The records
####

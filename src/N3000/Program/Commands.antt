-- ===== src/N3000/Program/Commands.antt =====
-- Which commands programming the FPGAs runs, in which order, and where it stops.
use openshift_operator.Base.{
  ◌⊎◌, inl, inr, ℕ, suc, ◌≡◌, refl, ap, arith, Bool, true, false, String, List, [], ◌∷◌, ◌++◌,
  Error, Result, ok, err, Exec, pure, ◌>>◌, if◌then◌else◌, Keeps, bind-Keeps, then-Keeps,
}
use openshift_operator.Api.Fpga.{N3000Fpga, N3000NodeSpec}
use openshift_operator.N3000.{Node, run_exec, run_exec_with_log}
use openshift_operator.N3000.Bmc.{fpga_info_bmc}
use openshift_operator.N3000.Temperature.{check_fpga_die_temperature}
use openshift_operator.N3000.Program.{
  elements, image_path, program_fpga, program_from, program_fpgas,
}

abbrev pub Command : Type 0
Command = String × List String

-- The commands of a node that change it are logged, also one that fails; to ask for the state of the
-- cards is not logged.
pub record Logs (N : Node) : Type 0 where
  pub log : N.State → List Command
  pub run_logs :
      (name : String) (args : List String) (s : N.State)
      → log (N.run name args s).1 ≡ log s ++ ((name, args) ∷ [])
  pub info_keeps : (name : String) (args : List String) → Keeps log (N.combined_output name args)

-- What the resource wants run: for each FPGA, in order, the update with its image and the power cycle.
unfoldable pub wanted_commands : ℕ → List N3000Fpga → List Command
wanted_commands i [] = []
wanted_commands i (f ∷ fs) =
    ("fpgasupdate", image_path i ∷ f.pci_addr ∷ [])
    ∷ ("rsu", "bmcimg" ∷ f.pci_addr ∷ [])
    ∷ wanted_commands (suc i) fs

append_assoc : (xs ys zs : List Command) → (xs ++ ys) ++ zs ≡ xs ++ (ys ++ zs)
append_assoc [] ys zs = refl
append_assoc (x ∷ xs) ys zs = ap (λ (l : List Command). x ∷ l) (append_assoc xs ys zs)

append_nil : (xs : List Command) → xs ++ [] ≡ xs
append_nil [] = refl
append_nil (x ∷ xs) = ap (λ (l : List Command). x ∷ l) (append_nil xs)

module _ (N : Node) (L : Logs N) where
  open N use {State}
  open L use {log}

  -- The step ran a first part of the commands, and all of them where it returned no error.
  unfoldable pub Runs : List Command → Exec State (Unit {0}) → State → Type 0
  Runs commands m s =
      (done rest : List Command) × (commands ≡ done ++ rest)
      × (log (m s).1 ≡ log s ++ done)
      × ((rest ≡ []) ⊎ ((e : Error) × ((m s).0 ≡ err e)))

  run-Runs :
      (name : String) (args : List String) (s : State)
      → Runs ((name, args) ∷ []) (run_exec_with_log N name args false) s
  unfolding Runs run_exec_with_log
  run-Runs name args s = ((name, args) ∷ [], [], refl, L.run_logs name args s, inl refl)

  -- A step that keeps the log runs nothing.
  keeping-Runs : (m : Exec State (Unit {0})) (s : State) → Keeps log m → Runs [] m s
  unfolding Runs
  keeping-Runs m s keeps = ([], [], refl, ground (arith, keeps s, append_nil (log s)), inl refl)

  -- One after the other.
  then-Runs :
      (cs ds : List Command) (m k : Exec State (Unit {0})) (s : State)
      → Runs cs m s
      → Runs ds k (m s).1
      → Runs (cs ++ ds) (m >> k) s
  unfolding Runs
  then-Runs cs ds m k s (done1, rest1, e1, l1, a1) (done2, rest2, e2, l2, a2) =
      by_result (m s).0 refl
    where
      -- After a first step without an error.
      go_on : (u : Unit {0}) → (m s).0 ≡ ok u → rest1 ≡ [] → Runs (cs ++ ds) (m >> k) s
      go_on u e r = (
        done1 ++ done2,
        rest2,
        ground (arith, e1, e2, r, append_nil done1, append_assoc done1 done2 rest2),
        ground (arith, e, l1, l2, append_assoc (log s) done1 done2),
        elim a2 [ inl h ↦ inl h | inr (x, h) ↦ inr (x, ground (arith, e, h)) ],
      )

      by_result : (r : Result (Unit {0})) → (m s).0 ≡ r → Runs (cs ++ ds) (m >> k) s
      by_result (ok u) e = elim a1 [
        | inl r ↦ go_on u e r
        | inr (x, h) ↦ absurd (ground (arith, e, h))
      ]
      by_result (err x) e = (
        done1,
        rest1 ++ ds,
        ground (arith, e1, append_assoc done1 rest1 ds),
        ground (arith, e, l1),
        inr (x, ground (arith, e)),
      )

  pub check-Keeps : (pci : String) → Keeps log (check_fpga_die_temperature N pci)
  unfolding check_fpga_die_temperature run_exec
  check-Keeps pci = bind-Keeps log (fpga_info_bmc N) _ (L.info_keeps _ _) (λ _ s. refl)

  program_from-Runs :
      (i : ℕ) (fs : List N3000Fpga) (s : State)
      → Runs (wanted_commands i fs) (program_from N i fs false) s
  unfolding program_from program_fpga wanted_commands
  program_from-Runs i [] s = keeping-Runs (pure tt) s (λ t. refl)
  program_from-Runs i (f ∷ fs) s =
      let check = check_fpga_die_temperature N f.pci_addr in
      let update = run_exec_with_log N "fpgasupdate" (image_path i ∷ f.pci_addr ∷ []) false in
      let cycle = run_exec_with_log N "rsu" ("bmcimg" ∷ f.pci_addr ∷ []) false in
      let rest = program_from N (suc i) fs false in
      then-Runs [] (wanted_commands i (f ∷ fs)) check (update >> cycle >> rest) s
        (keeping-Runs check s (check-Keeps f.pci_addr))
        (then-Runs _ (wanted_commands (suc i) fs) (update >> cycle) rest (check s).1
          (then-Runs (_ ∷ []) (_ ∷ []) update cycle (check s).1
            (run-Runs "fpgasupdate" _ (check s).1) (run-Runs "rsu" _ (update (check s).1).1))
          (program_from-Runs (suc i) fs ((update >> cycle) (check s).1).1))

  program_from-Keeps : (i : ℕ) (fs : List N3000Fpga) → Keeps log (program_from N i fs true)
  unfolding program_from program_fpga run_exec_with_log
  program_from-Keeps i [] = λ s. refl
  program_from-Keeps i (f ∷ fs) =
      let rest = program_from-Keeps (suc i) fs in
      then-Keeps log (check_fpga_die_temperature N f.pci_addr) _ (check-Keeps f.pci_addr) rest

  -- Programming the FPGAs runs the wanted commands, the update and the power cycle of each FPGA that
  -- the resource lists, in its order, each with the image of its number: all of them where there is
  -- no error, and otherwise those up to some point. A dry run runs none of them.
  pub program_fpgas-Runs :
      (spec : N3000NodeSpec) (s : State)
      → Runs
          (if spec.dry_run then [] else wanted_commands 0 (elements spec.fpga))
          (program_fpgas N spec)
          s
  unfolding program_fpgas
  program_fpgas-Runs spec s = by_mode spec.dry_run
    where
      by_mode :
          (b : Bool)
          → Runs
              (if b then [] else wanted_commands 0 (elements spec.fpga))
              (program_from N 0 (elements spec.fpga) b)
              s
      by_mode true =
          keeping-Runs (program_from N 0 (elements spec.fpga) true) s
            (program_from-Keeps 0 (elements spec.fpga))
      by_mode false = program_from-Runs 0 (elements spec.fpga) s

  pub program_fpgas-Keeps :
      (spec : N3000NodeSpec) → spec.dry_run ≡ true → Keeps log (program_fpgas N spec)
  unfolding program_fpgas
  program_fpgas-Keeps spec h = rw h (program_from-Keeps 0 (elements spec.fpga))
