-- ===== src/N3000/Flash/DryRun.antt =====
-- The flash in a dry run, and the log of the commands.
use openshift_operator.Base.{
  ◌≡◌, refl, ◌∙◌, arith, true, false, String, List, [], ◌∷◌, split, Option, none, some, Result, ok,
  err, handle, branch, Keeps, bind-Keeps, then-Keeps, if-Keeps,
}
use openshift_operator.Api.Fpga.{FortvilleStatus, N3000FortvilleStatus}
use openshift_operator.Regexp.{submatches2}
use openshift_operator.Fortville.{
  append_bmc, nvmupdate_exec, check_update, flash_turns, flash_mac, power_cycle,
}
use openshift_operator.N3000.{Node, run_exec, nvm}
use openshift_operator.N3000.Bmc.{fpga_info_bmc, get_n3000_devices}
use openshift_operator.N3000.Nics.{
  PciParts, mactest_regex, pci_parts, mactest, add_ethtool_info, add_device_name, with_name,
  nic_status, nic_statuses, get_n3000_nics, card_statuses, get_inventory,
}
use openshift_operator.N3000.Program.Commands.{Logs}
use openshift_operator.N3000.Flash.{
  has_mac, flash_result, flash_cards, flash_macs, cycle_flashed, flash,
}

module _ (N : Node) (L : Logs N) where
  open N use {State}
  open L use {log}

  pub run_exec-Keeps : (name : String) (args : List String) → Keeps log (run_exec N name args false)
  unfolding run_exec
  run_exec-Keeps name args = L.info_keeps name args

  add_ethtool_info-Keeps :
      (if_name : String) (fs : FortvilleStatus) → Keeps log (add_ethtool_info N if_name fs)
  unfolding add_ethtool_info
  add_ethtool_info-Keeps if_name fs =
      bind-Keeps log (run_exec N "ethtool" ("-i" ∷ if_name ∷ []) false) _ (run_exec-Keeps _ _)
        (λ _ s. refl)

  add_device_name-Keeps : (fs : FortvilleStatus) → Keeps log (add_device_name N fs)
  unfolding add_device_name
  add_device_name-Keeps fs =
      bind-Keeps log (N.combined_output "bash" _) _ (L.info_keeps _ _) (λ _ s. refl)

  with_name-Keeps : (fs : FortvilleStatus) (s : State) → log (with_name N fs s).1 ≡ log s
  unfolding with_name
  with_name-Keeps fs s = ground (arith, add_device_name-Keeps fs s)

  nic_status-Keeps : (if_name mac : String) (s : State) → log (nic_status N if_name mac s).1 ≡ log s
  unfolding nic_status
  nic_status-Keeps if_name mac s = by_result (add_ethtool_info N if_name fs s).0 refl
    where
      fs : FortvilleStatus
      fs = record { name = ""; pci_addr = ""; version = ""; mac = mac }

      t : State
      t = (add_ethtool_info N if_name fs s).1

      by_result :
          (r : Result FortvilleStatus)
          → (add_ethtool_info N if_name fs s).0 ≡ r
          → log (nic_status N if_name mac s).1 ≡ log s
      by_result (ok fs') e =
          rw (nic_status, e, handle, branch)
            (with_name-Keeps fs' t ∙ add_ethtool_info-Keeps if_name fs s)
      by_result (err x) e =
          rw (nic_status, e, handle, branch)
            (with_name-Keeps fs t ∙ add_ethtool_info-Keeps if_name fs s)

  nic_statuses-Keeps : (lines : List String) (s : State) → log (nic_statuses N lines s).1 ≡ log s
  unfolding nic_statuses
  nic_statuses-Keeps [] s = refl
  nic_statuses-Keeps (line ∷ lines) s =
      by_match (submatches2 mactest_regex line) refl (nic_statuses-Keeps lines)
    where
      by_match :
          (o : Option (String × String))
          → submatches2 mactest_regex line ≡ o
          → ((t : State) → log (nic_statuses N lines t).1 ≡ log t)
          → log (nic_statuses N (line ∷ lines) s).1 ≡ log s
      by_match none e ih = ground (arith, e, ih s)
      by_match (some (if_name, mac)) e ih =
          ground (arith, e, ih (nic_status N if_name mac s).1, nic_status-Keeps if_name mac s)

  get_n3000_nics-Keeps : (pci : String) → Keeps log (get_n3000_nics N pci)
  unfolding get_n3000_nics
  get_n3000_nics-Keeps pci s = by_parts (pci_parts pci) refl
    where
      by_parts : (o : Option PciParts) → pci_parts pci ≡ o → log (get_n3000_nics N pci s).1 ≡ log s
      by_parts none e = ground (arith, e)
      by_parts (some parts) e =
          rw (get_n3000_nics, e)
            (bind-Keeps log (mactest N parts)
              (λ out t. let (nics, t') = nic_statuses N (split out "\n") t in (ok nics, t'))
              (run_exec-Keeps _ _) (λ out t. nic_statuses-Keeps (split out "\n") t) s)

  card_statuses-Keeps : (pcis : List String) → Keeps log (card_statuses N pcis)
  unfolding card_statuses
  card_statuses-Keeps [] = λ s. refl
  card_statuses-Keeps (d ∷ ds) =
      bind-Keeps log (get_n3000_nics N d) _ (get_n3000_nics-Keeps d)
        (λ nics. bind-Keeps log (card_statuses N ds) _ (card_statuses-Keeps ds) (λ _ s. refl))

  pub get_inventory-Keeps : Keeps log (get_inventory N)
  unfolding get_inventory get_n3000_devices
  get_inventory-Keeps =
      bind-Keeps log (get_n3000_devices N) (card_statuses N)
        (bind-Keeps log (fpga_info_bmc N) _ (run_exec-Keeps _ _) (λ _ s. refl)) card_statuses-Keeps

  flash_mac-Keeps : (mac : String) (s : State) → log (flash_mac (nvm N) mac true s).1 ≡ log s
  unfolding flash_mac flash_turns nvmupdate_exec check_update
  flash_mac-Keeps mac s = refl

  flash_result-Keeps :
      (mac : String) → Keeps log (λ s. flash_result N (flash_mac (nvm N) mac true s))
  unfolding flash_result
  flash_result-Keeps mac s = ground (arith, flash_mac-Keeps mac s)

  flash_cards-Keeps :
      (mac : String) (inv : List N3000FortvilleStatus) (bs : List String)
      → Keeps log (flash_cards N true mac inv bs)
  unfolding flash_cards
  flash_cards-Keeps mac [] bs = λ s. refl
  flash_cards-Keeps mac (i ∷ inv) bs =
      if-Keeps log (has_mac mac i.nics) _ (flash_cards N true mac inv bs)
        (then-Keeps log (λ s. flash_result N (flash_mac (nvm N) mac true s))
          (flash_cards N true mac inv (append_bmc bs i.n3000_pci)) (flash_result-Keeps mac)
          (flash_cards-Keeps mac inv (append_bmc bs i.n3000_pci)))
        (flash_cards-Keeps mac inv bs)

  flash_macs-Keeps :
      (ms : List String) (inv : List N3000FortvilleStatus) (bs : List String)
      → Keeps log (flash_macs N true ms inv bs)
  unfolding flash_macs
  flash_macs-Keeps [] inv bs = λ s. refl
  flash_macs-Keeps (m ∷ ms) inv bs =
      bind-Keeps log (flash_cards N true m inv bs) _ (flash_cards-Keeps m inv bs)
        (λ bs'. flash_macs-Keeps ms inv bs')

  power_cycle-Keeps : (pcis : List String) → Keeps log (power_cycle (nvm N) pcis true)
  unfolding power_cycle
  power_cycle-Keeps [] s = refl
  power_cycle-Keeps (p ∷ ps) s = power_cycle-Keeps ps s

  cycle_flashed-Keeps : (bs : List String) → Keeps log (cycle_flashed N true bs)
  unfolding cycle_flashed
  cycle_flashed-Keeps [] s = refl
  cycle_flashed-Keeps (b ∷ bs) s = power_cycle-Keeps (b ∷ bs) s

  -- A dry run of the flash leaves the log of the commands as it is.
  pub flash-Keeps : (macs : List String) → Keeps log (flash N true macs)
  unfolding flash
  flash-Keeps macs = bind-Keeps log (get_inventory N) _ get_inventory-Keeps (λ inv.
      bind-Keeps log (flash_macs N true macs inv []) (cycle_flashed N true)
        (flash_macs-Keeps macs inv []) cycle_flashed-Keeps)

####

Which lines in the listing have the string "some"? Pick them out and copy them.

  -- no error, and otherwise those up to some point. A dry run runs none of them.
  ◌≡◌, refl, ◌∙◌, arith, true, false, String, List, [], ◌∷◌, split, Option, none, some, Result, ok,
      by_match (some (if_name, mac)) e ih =
      by_parts (some parts) e =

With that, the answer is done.